*** Block opens ***

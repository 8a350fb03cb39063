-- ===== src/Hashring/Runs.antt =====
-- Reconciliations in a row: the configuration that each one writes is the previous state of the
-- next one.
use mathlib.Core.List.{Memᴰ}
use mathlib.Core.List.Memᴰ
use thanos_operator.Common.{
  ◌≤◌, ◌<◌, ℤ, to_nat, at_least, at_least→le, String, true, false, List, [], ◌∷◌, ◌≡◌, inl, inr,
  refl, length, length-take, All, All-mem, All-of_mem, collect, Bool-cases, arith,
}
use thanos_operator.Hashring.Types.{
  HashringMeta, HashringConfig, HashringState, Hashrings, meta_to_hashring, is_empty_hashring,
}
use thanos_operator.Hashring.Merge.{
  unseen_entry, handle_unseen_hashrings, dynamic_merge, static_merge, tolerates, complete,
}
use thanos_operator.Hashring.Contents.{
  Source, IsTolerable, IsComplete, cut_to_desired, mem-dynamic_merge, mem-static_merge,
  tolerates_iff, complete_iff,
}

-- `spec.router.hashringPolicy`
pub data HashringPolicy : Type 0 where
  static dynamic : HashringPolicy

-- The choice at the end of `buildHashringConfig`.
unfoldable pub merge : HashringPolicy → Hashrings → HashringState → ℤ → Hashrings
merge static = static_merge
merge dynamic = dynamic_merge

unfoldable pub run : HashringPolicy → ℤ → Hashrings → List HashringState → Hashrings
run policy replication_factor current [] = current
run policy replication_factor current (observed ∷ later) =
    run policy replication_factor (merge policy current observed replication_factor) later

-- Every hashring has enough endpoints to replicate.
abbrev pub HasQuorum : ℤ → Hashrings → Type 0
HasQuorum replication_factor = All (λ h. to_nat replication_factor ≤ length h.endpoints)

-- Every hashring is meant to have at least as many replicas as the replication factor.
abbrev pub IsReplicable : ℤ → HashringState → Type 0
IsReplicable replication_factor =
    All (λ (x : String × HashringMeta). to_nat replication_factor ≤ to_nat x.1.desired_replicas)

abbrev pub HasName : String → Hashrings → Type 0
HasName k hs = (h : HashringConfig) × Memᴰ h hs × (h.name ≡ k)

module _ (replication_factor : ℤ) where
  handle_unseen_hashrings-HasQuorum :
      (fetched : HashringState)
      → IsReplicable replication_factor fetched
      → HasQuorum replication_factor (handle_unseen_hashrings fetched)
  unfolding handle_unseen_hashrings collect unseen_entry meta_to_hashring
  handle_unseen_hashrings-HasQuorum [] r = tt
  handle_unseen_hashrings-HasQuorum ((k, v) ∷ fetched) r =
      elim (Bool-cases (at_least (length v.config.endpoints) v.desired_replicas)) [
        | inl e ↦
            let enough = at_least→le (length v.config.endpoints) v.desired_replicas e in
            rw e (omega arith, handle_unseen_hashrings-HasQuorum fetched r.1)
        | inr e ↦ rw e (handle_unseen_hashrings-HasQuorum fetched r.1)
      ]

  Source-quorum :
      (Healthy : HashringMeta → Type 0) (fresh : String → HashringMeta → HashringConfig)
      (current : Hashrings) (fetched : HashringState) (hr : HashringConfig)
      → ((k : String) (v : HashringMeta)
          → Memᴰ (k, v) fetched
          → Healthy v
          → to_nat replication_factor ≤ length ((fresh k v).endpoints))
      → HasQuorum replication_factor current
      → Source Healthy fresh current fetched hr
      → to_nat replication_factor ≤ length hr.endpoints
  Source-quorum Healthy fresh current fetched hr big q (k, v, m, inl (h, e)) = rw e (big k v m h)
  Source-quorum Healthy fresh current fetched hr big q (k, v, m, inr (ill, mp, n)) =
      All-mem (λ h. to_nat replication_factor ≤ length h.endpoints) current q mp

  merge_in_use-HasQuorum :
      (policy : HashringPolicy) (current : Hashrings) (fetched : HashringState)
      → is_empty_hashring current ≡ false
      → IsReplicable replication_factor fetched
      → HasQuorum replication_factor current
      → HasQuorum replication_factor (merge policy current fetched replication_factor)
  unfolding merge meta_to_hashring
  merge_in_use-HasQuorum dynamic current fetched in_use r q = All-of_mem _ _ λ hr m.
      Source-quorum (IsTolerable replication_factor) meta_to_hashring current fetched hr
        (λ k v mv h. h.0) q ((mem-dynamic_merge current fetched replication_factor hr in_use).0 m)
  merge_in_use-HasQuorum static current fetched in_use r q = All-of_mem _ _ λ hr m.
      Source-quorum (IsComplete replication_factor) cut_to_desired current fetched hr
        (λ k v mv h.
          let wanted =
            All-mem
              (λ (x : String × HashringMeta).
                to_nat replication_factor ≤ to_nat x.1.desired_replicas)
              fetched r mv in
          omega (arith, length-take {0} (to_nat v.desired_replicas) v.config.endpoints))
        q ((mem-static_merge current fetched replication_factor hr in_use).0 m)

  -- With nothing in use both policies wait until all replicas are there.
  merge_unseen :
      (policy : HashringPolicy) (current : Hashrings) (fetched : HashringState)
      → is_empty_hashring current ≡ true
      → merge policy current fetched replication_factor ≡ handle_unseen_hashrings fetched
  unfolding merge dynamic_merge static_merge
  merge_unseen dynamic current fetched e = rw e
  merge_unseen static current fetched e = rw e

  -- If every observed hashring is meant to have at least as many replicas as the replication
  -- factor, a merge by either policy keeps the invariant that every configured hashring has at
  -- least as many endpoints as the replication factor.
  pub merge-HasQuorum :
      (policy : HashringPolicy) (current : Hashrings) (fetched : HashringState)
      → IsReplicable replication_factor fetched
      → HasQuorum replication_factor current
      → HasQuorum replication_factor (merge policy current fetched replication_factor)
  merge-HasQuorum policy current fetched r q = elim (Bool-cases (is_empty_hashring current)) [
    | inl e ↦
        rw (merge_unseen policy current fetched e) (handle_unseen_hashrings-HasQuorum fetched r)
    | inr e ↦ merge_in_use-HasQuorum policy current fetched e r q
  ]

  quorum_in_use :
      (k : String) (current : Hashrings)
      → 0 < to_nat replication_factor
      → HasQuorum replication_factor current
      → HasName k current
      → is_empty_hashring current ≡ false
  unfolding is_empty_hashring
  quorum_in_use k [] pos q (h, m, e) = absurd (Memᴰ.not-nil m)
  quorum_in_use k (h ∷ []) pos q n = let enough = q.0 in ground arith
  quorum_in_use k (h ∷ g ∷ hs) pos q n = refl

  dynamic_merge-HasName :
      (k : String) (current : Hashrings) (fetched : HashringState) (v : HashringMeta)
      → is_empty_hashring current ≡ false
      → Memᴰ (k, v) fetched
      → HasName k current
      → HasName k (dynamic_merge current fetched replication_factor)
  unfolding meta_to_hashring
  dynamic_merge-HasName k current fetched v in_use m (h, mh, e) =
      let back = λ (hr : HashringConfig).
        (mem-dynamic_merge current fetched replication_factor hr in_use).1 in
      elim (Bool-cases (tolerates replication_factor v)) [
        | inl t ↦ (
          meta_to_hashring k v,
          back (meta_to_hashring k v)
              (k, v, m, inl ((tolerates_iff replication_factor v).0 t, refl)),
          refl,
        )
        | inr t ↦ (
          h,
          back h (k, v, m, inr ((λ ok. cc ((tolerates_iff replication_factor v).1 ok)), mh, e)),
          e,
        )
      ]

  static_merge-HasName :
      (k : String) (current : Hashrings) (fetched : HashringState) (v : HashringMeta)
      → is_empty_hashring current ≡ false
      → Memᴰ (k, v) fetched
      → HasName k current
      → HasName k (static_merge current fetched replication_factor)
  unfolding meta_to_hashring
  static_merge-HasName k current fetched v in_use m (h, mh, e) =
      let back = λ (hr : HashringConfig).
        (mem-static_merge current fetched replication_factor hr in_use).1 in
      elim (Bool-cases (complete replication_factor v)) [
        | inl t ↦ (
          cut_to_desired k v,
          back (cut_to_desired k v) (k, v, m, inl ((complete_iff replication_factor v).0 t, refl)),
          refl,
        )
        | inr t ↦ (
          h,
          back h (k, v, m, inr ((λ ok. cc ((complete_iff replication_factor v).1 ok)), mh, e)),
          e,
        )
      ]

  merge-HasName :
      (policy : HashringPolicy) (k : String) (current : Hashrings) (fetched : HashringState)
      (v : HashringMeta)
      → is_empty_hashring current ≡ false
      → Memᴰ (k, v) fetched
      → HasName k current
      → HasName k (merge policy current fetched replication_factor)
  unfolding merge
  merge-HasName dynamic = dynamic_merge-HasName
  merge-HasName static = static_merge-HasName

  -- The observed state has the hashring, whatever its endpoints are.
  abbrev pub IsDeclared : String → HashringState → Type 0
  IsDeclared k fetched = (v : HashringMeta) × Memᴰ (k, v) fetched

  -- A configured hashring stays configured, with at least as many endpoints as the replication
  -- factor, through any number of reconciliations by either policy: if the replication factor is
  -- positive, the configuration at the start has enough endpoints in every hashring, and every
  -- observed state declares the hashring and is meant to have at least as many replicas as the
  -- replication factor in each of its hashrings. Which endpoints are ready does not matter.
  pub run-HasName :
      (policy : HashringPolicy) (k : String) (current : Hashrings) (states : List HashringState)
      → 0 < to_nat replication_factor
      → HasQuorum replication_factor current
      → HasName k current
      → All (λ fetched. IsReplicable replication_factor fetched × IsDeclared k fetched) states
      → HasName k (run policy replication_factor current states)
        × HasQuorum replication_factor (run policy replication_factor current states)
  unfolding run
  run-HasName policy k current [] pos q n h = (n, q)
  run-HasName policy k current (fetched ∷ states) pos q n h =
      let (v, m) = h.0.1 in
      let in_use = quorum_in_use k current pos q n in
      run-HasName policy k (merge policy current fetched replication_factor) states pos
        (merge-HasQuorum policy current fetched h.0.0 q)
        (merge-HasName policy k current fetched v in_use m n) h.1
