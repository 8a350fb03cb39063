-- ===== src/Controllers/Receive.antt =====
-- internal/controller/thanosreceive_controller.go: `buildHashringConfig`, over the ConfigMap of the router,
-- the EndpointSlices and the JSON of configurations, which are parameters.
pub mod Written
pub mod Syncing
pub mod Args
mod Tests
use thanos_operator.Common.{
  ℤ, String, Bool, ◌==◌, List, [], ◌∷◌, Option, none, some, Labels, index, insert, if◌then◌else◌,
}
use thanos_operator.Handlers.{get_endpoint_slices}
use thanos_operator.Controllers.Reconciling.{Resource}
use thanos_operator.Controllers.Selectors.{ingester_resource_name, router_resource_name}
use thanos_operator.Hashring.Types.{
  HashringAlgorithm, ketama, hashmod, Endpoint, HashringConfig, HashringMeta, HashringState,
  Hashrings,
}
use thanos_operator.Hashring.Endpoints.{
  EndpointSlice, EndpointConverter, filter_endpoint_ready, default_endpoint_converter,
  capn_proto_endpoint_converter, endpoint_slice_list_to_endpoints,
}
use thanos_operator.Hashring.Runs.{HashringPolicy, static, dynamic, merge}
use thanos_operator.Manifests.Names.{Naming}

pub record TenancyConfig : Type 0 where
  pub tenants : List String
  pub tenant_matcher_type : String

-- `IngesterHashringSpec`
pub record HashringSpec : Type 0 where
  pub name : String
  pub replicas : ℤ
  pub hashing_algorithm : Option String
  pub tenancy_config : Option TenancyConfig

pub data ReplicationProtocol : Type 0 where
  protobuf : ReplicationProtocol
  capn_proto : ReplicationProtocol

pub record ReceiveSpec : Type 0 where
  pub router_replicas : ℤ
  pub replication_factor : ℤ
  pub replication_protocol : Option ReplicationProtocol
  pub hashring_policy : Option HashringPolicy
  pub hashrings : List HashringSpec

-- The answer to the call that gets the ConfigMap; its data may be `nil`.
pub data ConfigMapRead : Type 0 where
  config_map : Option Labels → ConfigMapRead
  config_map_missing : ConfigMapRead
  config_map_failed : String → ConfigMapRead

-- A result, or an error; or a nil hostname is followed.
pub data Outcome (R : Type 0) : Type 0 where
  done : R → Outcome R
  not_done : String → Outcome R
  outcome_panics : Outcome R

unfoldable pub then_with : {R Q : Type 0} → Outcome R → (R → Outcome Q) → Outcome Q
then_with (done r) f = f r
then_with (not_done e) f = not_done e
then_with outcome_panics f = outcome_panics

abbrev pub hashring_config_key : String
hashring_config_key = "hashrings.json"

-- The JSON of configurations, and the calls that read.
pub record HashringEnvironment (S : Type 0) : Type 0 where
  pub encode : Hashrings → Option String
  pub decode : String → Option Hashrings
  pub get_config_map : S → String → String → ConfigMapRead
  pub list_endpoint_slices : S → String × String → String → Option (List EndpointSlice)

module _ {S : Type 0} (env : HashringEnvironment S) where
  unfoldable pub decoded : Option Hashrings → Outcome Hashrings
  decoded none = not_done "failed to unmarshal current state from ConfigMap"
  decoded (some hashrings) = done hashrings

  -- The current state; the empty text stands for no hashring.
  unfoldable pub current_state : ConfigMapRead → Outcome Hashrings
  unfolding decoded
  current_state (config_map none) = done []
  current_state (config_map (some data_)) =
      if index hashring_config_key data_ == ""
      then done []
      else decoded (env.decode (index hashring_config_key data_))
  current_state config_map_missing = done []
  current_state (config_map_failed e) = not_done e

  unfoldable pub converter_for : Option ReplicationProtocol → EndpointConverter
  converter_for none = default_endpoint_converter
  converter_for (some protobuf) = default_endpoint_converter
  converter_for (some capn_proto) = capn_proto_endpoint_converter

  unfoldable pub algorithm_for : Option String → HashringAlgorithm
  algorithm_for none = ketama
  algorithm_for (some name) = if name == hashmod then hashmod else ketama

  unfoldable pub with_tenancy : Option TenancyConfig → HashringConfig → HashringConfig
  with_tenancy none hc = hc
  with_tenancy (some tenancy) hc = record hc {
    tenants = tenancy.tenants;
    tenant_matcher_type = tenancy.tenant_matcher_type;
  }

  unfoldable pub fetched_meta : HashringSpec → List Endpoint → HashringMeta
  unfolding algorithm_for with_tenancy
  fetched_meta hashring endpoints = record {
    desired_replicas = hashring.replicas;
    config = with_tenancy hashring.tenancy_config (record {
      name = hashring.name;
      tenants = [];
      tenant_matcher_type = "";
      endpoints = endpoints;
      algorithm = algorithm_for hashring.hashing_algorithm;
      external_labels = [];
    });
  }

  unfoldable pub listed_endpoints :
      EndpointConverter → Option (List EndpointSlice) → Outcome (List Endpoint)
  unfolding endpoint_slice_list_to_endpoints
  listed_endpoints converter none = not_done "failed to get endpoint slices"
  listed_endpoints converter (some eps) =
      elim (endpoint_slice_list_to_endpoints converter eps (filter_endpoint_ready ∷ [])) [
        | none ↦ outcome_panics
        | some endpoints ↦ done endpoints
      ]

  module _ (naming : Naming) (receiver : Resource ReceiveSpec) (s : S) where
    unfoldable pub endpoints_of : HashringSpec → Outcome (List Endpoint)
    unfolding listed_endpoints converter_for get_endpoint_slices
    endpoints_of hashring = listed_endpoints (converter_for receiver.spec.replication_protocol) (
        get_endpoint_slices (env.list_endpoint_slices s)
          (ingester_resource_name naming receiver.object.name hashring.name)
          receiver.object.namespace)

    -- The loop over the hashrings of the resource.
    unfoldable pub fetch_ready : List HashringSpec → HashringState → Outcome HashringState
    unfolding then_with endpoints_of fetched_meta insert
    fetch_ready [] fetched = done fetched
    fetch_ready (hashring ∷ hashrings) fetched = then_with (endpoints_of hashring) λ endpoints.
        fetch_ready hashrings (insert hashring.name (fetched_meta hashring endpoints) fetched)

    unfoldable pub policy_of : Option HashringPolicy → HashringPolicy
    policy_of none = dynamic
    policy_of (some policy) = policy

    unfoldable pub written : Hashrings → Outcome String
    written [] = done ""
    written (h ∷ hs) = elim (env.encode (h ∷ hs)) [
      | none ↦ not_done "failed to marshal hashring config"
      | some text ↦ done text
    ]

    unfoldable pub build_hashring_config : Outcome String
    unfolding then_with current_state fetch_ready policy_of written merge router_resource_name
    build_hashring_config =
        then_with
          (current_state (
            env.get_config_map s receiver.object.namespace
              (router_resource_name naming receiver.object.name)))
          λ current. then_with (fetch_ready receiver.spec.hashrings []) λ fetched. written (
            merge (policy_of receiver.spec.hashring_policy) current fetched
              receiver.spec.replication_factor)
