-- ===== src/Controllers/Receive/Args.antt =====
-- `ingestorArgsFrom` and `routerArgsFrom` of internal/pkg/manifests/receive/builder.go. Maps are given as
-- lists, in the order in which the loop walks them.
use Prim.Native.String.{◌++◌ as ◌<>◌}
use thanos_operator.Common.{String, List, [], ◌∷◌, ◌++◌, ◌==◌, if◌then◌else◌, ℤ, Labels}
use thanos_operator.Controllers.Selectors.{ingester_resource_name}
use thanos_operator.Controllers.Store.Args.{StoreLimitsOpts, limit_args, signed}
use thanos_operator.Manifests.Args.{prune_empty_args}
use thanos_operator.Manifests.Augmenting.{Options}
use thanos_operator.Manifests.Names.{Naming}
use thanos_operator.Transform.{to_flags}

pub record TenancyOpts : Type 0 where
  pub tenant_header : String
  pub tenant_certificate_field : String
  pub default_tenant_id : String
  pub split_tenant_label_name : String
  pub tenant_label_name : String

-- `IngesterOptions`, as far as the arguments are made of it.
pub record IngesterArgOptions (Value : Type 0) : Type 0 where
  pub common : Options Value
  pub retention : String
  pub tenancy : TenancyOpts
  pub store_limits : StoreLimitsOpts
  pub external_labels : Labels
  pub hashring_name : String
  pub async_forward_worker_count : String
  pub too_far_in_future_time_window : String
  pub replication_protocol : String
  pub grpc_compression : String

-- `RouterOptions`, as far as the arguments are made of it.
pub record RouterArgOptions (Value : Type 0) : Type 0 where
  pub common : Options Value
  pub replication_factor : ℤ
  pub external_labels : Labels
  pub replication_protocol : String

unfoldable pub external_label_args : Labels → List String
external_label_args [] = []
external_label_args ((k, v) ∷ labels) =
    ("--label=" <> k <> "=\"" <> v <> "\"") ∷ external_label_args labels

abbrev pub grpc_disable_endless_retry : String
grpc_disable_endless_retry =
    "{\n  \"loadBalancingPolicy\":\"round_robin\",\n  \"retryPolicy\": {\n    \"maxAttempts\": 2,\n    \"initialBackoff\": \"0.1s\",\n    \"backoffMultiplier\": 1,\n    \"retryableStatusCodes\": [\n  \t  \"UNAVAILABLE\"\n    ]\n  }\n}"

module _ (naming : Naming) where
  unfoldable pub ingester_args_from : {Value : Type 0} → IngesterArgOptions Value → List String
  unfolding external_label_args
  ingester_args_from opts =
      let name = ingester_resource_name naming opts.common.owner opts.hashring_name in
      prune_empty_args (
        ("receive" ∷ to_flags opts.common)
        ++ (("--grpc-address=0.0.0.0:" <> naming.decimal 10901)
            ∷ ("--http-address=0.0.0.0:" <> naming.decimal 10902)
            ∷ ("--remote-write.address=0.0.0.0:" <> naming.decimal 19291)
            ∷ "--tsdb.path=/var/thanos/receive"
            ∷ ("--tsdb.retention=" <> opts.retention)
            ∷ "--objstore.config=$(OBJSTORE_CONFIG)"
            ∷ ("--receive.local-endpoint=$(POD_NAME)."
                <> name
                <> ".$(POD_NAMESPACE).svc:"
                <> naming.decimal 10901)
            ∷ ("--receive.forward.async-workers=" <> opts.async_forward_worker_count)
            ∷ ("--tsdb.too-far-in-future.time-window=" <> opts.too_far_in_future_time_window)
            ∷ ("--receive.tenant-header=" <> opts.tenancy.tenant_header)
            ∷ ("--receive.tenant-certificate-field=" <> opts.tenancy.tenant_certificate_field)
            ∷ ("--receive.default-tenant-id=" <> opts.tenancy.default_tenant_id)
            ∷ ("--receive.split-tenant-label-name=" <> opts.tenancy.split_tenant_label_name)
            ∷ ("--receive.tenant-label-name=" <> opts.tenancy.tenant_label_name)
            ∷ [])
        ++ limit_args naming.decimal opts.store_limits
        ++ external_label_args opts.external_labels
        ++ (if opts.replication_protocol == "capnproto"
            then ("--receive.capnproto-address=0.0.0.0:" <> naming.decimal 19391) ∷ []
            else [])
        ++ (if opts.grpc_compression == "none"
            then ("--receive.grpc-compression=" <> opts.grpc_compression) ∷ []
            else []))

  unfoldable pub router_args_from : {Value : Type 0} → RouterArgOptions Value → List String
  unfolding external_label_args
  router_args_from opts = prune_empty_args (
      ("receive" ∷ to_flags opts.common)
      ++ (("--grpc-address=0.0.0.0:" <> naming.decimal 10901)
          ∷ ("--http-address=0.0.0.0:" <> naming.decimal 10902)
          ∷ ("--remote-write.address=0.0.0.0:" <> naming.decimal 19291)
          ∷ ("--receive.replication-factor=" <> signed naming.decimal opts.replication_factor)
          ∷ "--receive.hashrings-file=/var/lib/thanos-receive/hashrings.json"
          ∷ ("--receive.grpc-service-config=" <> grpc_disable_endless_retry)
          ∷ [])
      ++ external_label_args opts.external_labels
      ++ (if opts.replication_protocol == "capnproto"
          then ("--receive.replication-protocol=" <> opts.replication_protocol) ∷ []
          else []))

*** Block closes ***

▶ ABOUT THIS EXERCISE
Look over the records. Copy the lines that include the word "internal".

▶ YOUR RESPONSE
-- internal/controller/thanosreceive_controller.go: `buildHashringConfig`, over the ConfigMap of the router,
-- `ingestorArgsFrom` and `routerArgsFrom` of internal/pkg/manifests/receive/builder.go. Maps are given as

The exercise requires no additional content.